7 Replies Latest reply on Mar 31, 2008 12:17 PM by manik

    FileCacheLoader failing with EOFException with fix

    e2open

      File cache loader in a cluster was failing with EOF exception while restoring an object, under load. It looks like the original hash map was not getting written properly. The original code is given below:

      protected void storeAttributes(Fqn fqn, Map attrs) throws Exception
      {
      File f = getDirectory(fqn, true);
      File child = new File(f, DATA);
      if (!child.exists())
      if (!child.createNewFile())
      throw new IOException("Unable to create file: " + child);
      FileOutputStream out = new FileOutputStream(child);
      ObjectOutputStream output = new ObjectOutputStream(out);
      output.writeObject(attrs);
      out.close();
      }

      Changing the code as given below seems to fix the issue.

      protected void storeAttributes(Fqn fqn, Map attrs) throws Exception
      {
      File f = getDirectory(fqn, true);
      File child = new File(f, DATA);
      if (!child.exists())
      if (!child.createNewFile())
      throw new IOException("Unable to create file: " + child);
      FileOutputStream out = new FileOutputStream(child);
      try
      {
      MarshalledValueOutputStream output =
      new MarshalledValueOutputStream(out);
      output.writeObject(attrs);
      output.close();
      out = null;
      }
      finally
      {
      if(out != null)
      out.close();
      }
      }

        • 1. Re: FileCacheLoader failing with EOFException with fix
          genman

          It looks like the original code did not close the ObjectOutputStream, rather it closed the underlying file stream, which isn't correct.

          Could you file a JIRA issue and link to this post?

          By the way, I think the FileCacheLoader is documented as not so production worthy.

          • 2. Re: FileCacheLoader failing with EOFException with fix
            manik

            Yes, please create a JIRA for this, target for 2.2.0.

            Thanks
            Manik

            • 3. Re: FileCacheLoader failing with EOFException with fix
              e2open

              The fix above reduced the EOF exceptions but it did not completely eliminate the issue. I have a shared cache with 2 nodes and file cache loader with nfs (yes, i know that you guys don't recomment it, just building a basic infrastructure to test with). Further debugging revealed the fact that both the nodes are trying to write into the data file at the same time. One of which runs into the EOF exception as it tries to do a readObject on a 0 byte file that is being written into from the other node. Now i am confused, isn't the lock supposed to be across the cluster at the tree cache level, avoiding this issue ? Or am I missing something ?

              • 4. Re: FileCacheLoader failing with EOFException with fix
                manik

                No, it is still possible that one instance performs a read, another instance performs a write, both involving a cache loader.

                There is no cluster-wide lock at the start. Locking attempts to gain cluster-wide locks during the prepare phase of a 2-phase commit, and the transaction fails if this cannot be obtained.
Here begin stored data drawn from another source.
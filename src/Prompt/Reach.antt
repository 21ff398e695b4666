-- ===== src/Prompt/Reach.antt =====
-- The runs of the line editor of prompt.c: calls that begin a line, and keys.
use app_c_platform.Base.{
  ℕ, ◌-◌, ◌^◌, ◌<◌, ◌≡◌, inl, inr, Bool, false, ◌||◌, List, [], ◌∷◌, Option, none, some, ltb, ◌==◌,
  if◌then◌else◌, length, take, add64, arith, sym, ◌∙◌, ap, subst, add64-eq, lt→ltb, le→ltb,
  Bool-cases, take_all,
}
use native.Mathlib.Decide.{dec_lt}
use mathlib.Core.Option.{some-injective}
use app_c_platform.Hashtable.Store.Bytes.{NoNul}
use app_c_platform.PromptEdit.{
  Resolved, resolve_options, Ensured, ensured, short, endless, ensure_capacity, has_control,
  valid_length, validate_initial_text,
}
use app_c_platform.PromptEdit.Laws.{ensure_capacity_lem}
use app_c_platform.Prompt.{Prompt, prompt_create, put_line, set_context, Key, press, begin_line}
use app_c_platform.Prompt.Valid.{IsResolved, IsLine, IsPrompt, fresh-IsContext}
use app_c_platform.Prompt.History.{Stays, put_line-IsPrompt, grown-IsPrompt}
use app_c_platform.Prompt.Keys.{IsKey, emptied-IsPrompt, press-Stays}

-- `PROMPT_INPUT_INITIAL_DEFAULT`.
abbrev pub initial_default : ℕ
initial_default = 256

pub data Step (l : Resolved) (p : Prompt) : Prompt → Type 0 where
  begins :
      (site : ℕ) (initial_text : List ℕ) (initial_length : ℕ) (grants : Bool) (p' : Prompt)
      → validate_initial_text (some initial_text) l.max_bytes ≡ valid_length initial_length
      → begin_line l p site initial_text initial_length grants ≡ some p'
      → Step l p p'
  presses :
      (site : ℕ) (key : Key) (grants : Bool) (p' : Prompt)
      → IsKey key
      → press l p site key grants ≡ some p'
      → Step l p p'

-- What a program can bring the line editor to.
pub data Reach (l : Resolved) : Prompt → Type 0 where
  creates : Reach l (prompt_create l)
  continues : (p p' : Prompt) → Reach l p → Step l p p' → Reach l p'

pub resolve_options-IsResolved :
    (history_max initial max_bytes : ℕ)
    → history_max < 2 ^ 31
    → max_bytes < 2 ^ 64 - 1
    → IsResolved (resolve_options history_max initial max_bytes initial_default)
unfolding resolve_options
resolve_options-IsResolved history_max initial max_bytes h m = record {
  some_history = ground arith;
  int_history = ground arith;
  some_bytes = ground arith;
  few_bytes = ground arith;
  some_capacity = ground arith;
  few_capacity = ground arith;
}

no_control-NoNul : (text : List ℕ) → has_control text ≡ false → NoNul text
unfolding has_control
no_control-NoNul [] h = tt
no_control-NoNul (c ∷ cs) h =
    let (a, b) = neither (ltb c 0x20 || (c == 0x7F)) (has_control cs) h in
    ((λ z. ground arith), no_control-NoNul cs b)
  where
    neither : (a b : Bool) → (a || b) ≡ false → (a ≡ false) × (b ≡ false)
    neither a b h = ground arith

module _ (l : Resolved) (limits : IsResolved l) where
  -- A text that passes the validation is a line of that length.
  validated :
      (text : List ℕ) (n : ℕ)
      → validate_initial_text (some text) l.max_bytes ≡ valid_length n
      → IsLine l.max_bytes text × (n ≡ length text)
  unfolding validate_initial_text
  validated text n e = elim (Bool-cases (has_control text)) [
    | inl c ↦ absurd (ground (arith, c, e))
    | inr c ↦ (
      record { fits = ground (arith, c, e, limits.some_bytes); no_nul = no_control-NoNul text c },
      ground (arith, c, e),
    )
  ]

  prompt_create-IsPrompt : IsPrompt l (prompt_create l)
  unfolding prompt_create
  prompt_create-IsPrompt = record {
    edited = record { fits = omega (arith, limits.some_capacity); no_nul = tt };
    cap_ge = limits.some_capacity;
    cap_le = limits.few_capacity;
    in_line = omega arith;
    context = λ site. fresh-IsContext l limits l.initial_capacity;
  }

  begin_line-Stays :
      (p : Prompt) (site : ℕ) (text : List ℕ) (n : ℕ) (grants : Bool)
      → IsPrompt l p
      → validate_initial_text (some text) l.max_bytes ≡ valid_length n
      → Stays l limits (begin_line l p site text n grants)
  unfolding begin_line
  begin_line-Stays p site text n grants v e =
      let (line, size) = validated text n e in
      let p' : Prompt =
        record (set_context p site (record (p.contexts site) { browse_idx = none })) {
          edit_buf = [];
          cursor = 0;
        } in
      let v' : IsPrompt l p' = emptied-IsPrompt l limits p site v in
      let wrap = add64-eq n 1 (omega (arith, size, line.fits, limits.few_bytes)) in
      let on : Ensured → Option Prompt = λ e. elim e [
        | ensured new_cap ↦ some (put_line (record p' { edit_cap = new_cap }) (take n text))
        | short ↦ some p'
        | endless ↦ none
      ] in
      let filled : Option Prompt = on (ensure_capacity grants p.edit_cap l.max_bytes (add64 n 1)) in
      let step : Bool → Option Prompt = λ b. if b then filled else some p' in
      let whole : take n text ≡ text = ap (λ k. take k text) size ∙ take_all text in
      elim (dec_lt 0 n) [
        | yes some_text ↦
            let b = ap step (lt→ltb 0 n some_text) in
            elim (ensure_capacity_lem grants p.edit_cap l.max_bytes (add64 n 1) v.cap_le) [
              | inl (c, q, x, y, z) ↦
                  let fits : IsLine c (take n text) =
                    subst (IsLine c) (sym whole)
                      (record { fits = omega (arith, wrap, size); no_nul = line.no_nul }) in
                  (
                    put_line (record p' { edit_cap = c }) (take n text),
                    b ∙ ap on q,
                    put_line-IsPrompt l limits (record p' { edit_cap = c }) (take n text)
                        (grown-IsPrompt l limits p' c v' y z) fits,
                  )
              | inr (q, x, y) ↦ (p', b ∙ ap on q, v')
            ]
        | no empty ↦ (p', ap step (le→ltb 0 n (omega arith)), v')
      ]

  -- Where a call came back, the state it came back with keeps the invariant.
  of_Stays : (o : Option Prompt) (p' : Prompt) → Stays l limits o → o ≡ some p' → IsPrompt l p'
  of_Stays o p' (q, e, v) f = subst (IsPrompt l) (some-injective q p' (sym e ∙ f)) v

  reached : (p : Prompt) → Reach l p → IsPrompt l p
  reached p creates = prompt_create-IsPrompt
  reached p (continues q _ r (begins site text n grants _ e f)) =
      of_Stays (begin_line l q site text n grants) p
        (begin_line-Stays q site text n grants (reached q r) e) f
  reached p (continues q _ r (presses site key grants _ k f)) =
      of_Stays (press l q site key grants) p
        (press-Stays l limits q site key grants (reached q r) k) f

module _ (history_max initial max_bytes : ℕ) (few : history_max < 2 ^ 31)
    (bounded : max_bytes < 2 ^ 64 - 1) where
  abbrev l : Resolved
  l = resolve_options history_max initial max_bytes initial_default

  -- A line editor with any options, but a history below 2^31 lines and a limit below 2^64-1 bytes,
  -- after any sequence of calls, keys and allocations that fail or not: the line and its terminator
  -- fit in the buffer, which is not above the limit; the cursor stands in the line or at its end; each
  -- line of a history fits in the buffer, into which it is copied without a test; a saved line fits
  -- in its own buffer; and a browsed place is in the history. Each further key and each further call
  -- with a valid initial text comes back with a state.
  pub Reach-IsPrompt :
      (p : Prompt)
      → Reach l p
      → IsPrompt l p
        × ((site : ℕ) (key : Key) (grants : Bool)
            → IsKey key
            → (p' : Prompt) × (press l p site key grants ≡ some p'))
        × ((site : ℕ) (text : List ℕ) (n : ℕ) (grants : Bool)
            → validate_initial_text (some text) l.max_bytes ≡ valid_length n
            → (p' : Prompt) × (begin_line l p site text n grants ≡ some p'))
  Reach-IsPrompt p r =
      let limits = resolve_options-IsResolved history_max initial max_bytes few bounded in
      let v = reached l limits p r in
      (
        v,
        (λ site key grants k.
            let (p', e, w) = press-Stays l limits p site key grants v k in (p', e)),
        (λ site text n grants e.
            let (p', f, w) = begin_line-Stays l limits p site text n grants v e in (p', f)),
      )
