-- ===== src/Prompt/Tests.antt =====
-- Runs of the line editor of prompt.c.
use app_c_platform.Base.{ℕ, ◌≡◌, Bool, true, List, [], ◌∷◌, Option, none, some, arith, refl}
use app_c_platform.PromptEdit.{Resolved, resolve_options, valid_length, validate_initial_text}
use app_c_platform.Prompt.{
  Prompt, prompt_create, Key, char, enter, backspace, left, up, down, press, begin_line,
  returned_line,
}
use app_c_platform.Prompt.Valid.{IsPrompt}
use app_c_platform.Prompt.Keys.{IsKey}
use app_c_platform.Prompt.Reach.{
  initial_default, Reach, creates, continues, presses, Reach-IsPrompt,
}

abbrev limits : Resolved
limits = resolve_options 2 4 16 initial_default

-- The keys one after the other, at call site 0.
types : List Key → Option Prompt → Option Prompt
unfolding press
types [] o = o
types (k ∷ ks) none = none
types (k ∷ ks) (some p) = types ks (press limits p 0 k true)

line : Option Prompt → List ℕ
unfolding returned_line
line none = []
line (some p) = returned_line 100 p

abbrev new_line : Key
new_line = Key.clear

edits :
    line (types (char 97 ∷ char 98 ∷ char 99 ∷ left ∷ backspace ∷ []) (some (prompt_create limits)))
    ≡ 97 ∷ 99 ∷ []
unfolding types line prompt_create resolve_options
edits = refl

-- "a" and "b" are entered, and "c" is typed. The cursor key up brings "b" and "a", and down goes back
-- to "c".
abbrev history : List Key
history = char 97 ∷ enter ∷ new_line ∷ char 98 ∷ enter ∷ new_line ∷ char 99 ∷ up ∷ up ∷ []

oldest : line (types history (some (prompt_create limits))) ≡ 97 ∷ []
unfolding types line prompt_create resolve_options
oldest = refl

comes_back : line (types (down ∷ down ∷ []) (types history (some (prompt_create limits)))) ≡ 99 ∷ []
unfolding types line prompt_create resolve_options
comes_back = refl

abbrev typed : Prompt
typed = record (prompt_create limits) { edit_buf = 97 ∷ []; cursor = 1 }

typed-Reach : Reach limits typed
unfolding prompt_create press resolve_options
typed-Reach =
    continues (prompt_create limits) typed creates
      (presses 0 (char 97) true typed (omega arith) refl)

reach_example :
    IsPrompt limits typed
    × ((site : ℕ) (key : Key) (grants : Bool)
        → IsKey key
        → (p' : Prompt) × (press limits typed site key grants ≡ some p'))
    × ((site : ℕ) (text : List ℕ) (n : ℕ) (grants : Bool)
        → validate_initial_text (some text) limits.max_bytes ≡ valid_length n
        → (p' : Prompt) × (begin_line limits typed site text n grants ≡ some p'))
reach_example = Reach-IsPrompt 2 4 16 (omega arith) (omega arith) typed typed-Reach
                • 5. Re: FileCacheLoader failing with EOFException with fix
                  e2open

                  I changed the code to do a dot file and move to avoid the EOF on read(on linux). The problem i see now is that, there are more than one write happening at the same time (from different nodes in the cluster). How is that possible if there is a write lock on the node ?


                  protected void storeAttributes(Fqn fqn, Map attrs) throws Exception
                  {
                  File f = getDirectory(fqn, true);
                  File child = new File(f, DATA);
                  File dotChild = new File(f, DOT_DATA);
                  if(dotChild.exists())
                  System.out.println("Found dot file : " + dotChild);
                  FileOutputStream out = new FileOutputStream(dotChild);
                  try
                  {
                  MarshalledValueOutputStream output =
                  new MarshalledValueOutputStream(out);
                  output.writeObject(attrs);
                  output.close();
                  out = null;
                  }
                  finally
                  {
                  if(out != null)
                  out.close();
                  }
                  if(!dotChild.renameTo(child))
                  {
                  throw new Exception("Failed to rename '" + dotChild + "' to '" +
                  child + "' : " + f.exists() + " : " + dotChild.exists() +
                  " : " + child.exists());
                  }
                  }

                  • 6. Re: FileCacheLoader failing with EOFException with fix
                    genman

                    If you trace through, you'll notice the writing to disk doesn't happen during when write lock is obtained, but actually when the transaction commits.

                    What probably should happen is the writes happen during the prepare phase to "dot files", perhaps named with the JGroups address, and during the commit phase the files are renamed.

                    • 7. Re: FileCacheLoader failing with EOFException with fix
                      manik

                      BTW, what version of JBC are you referring to in your original post?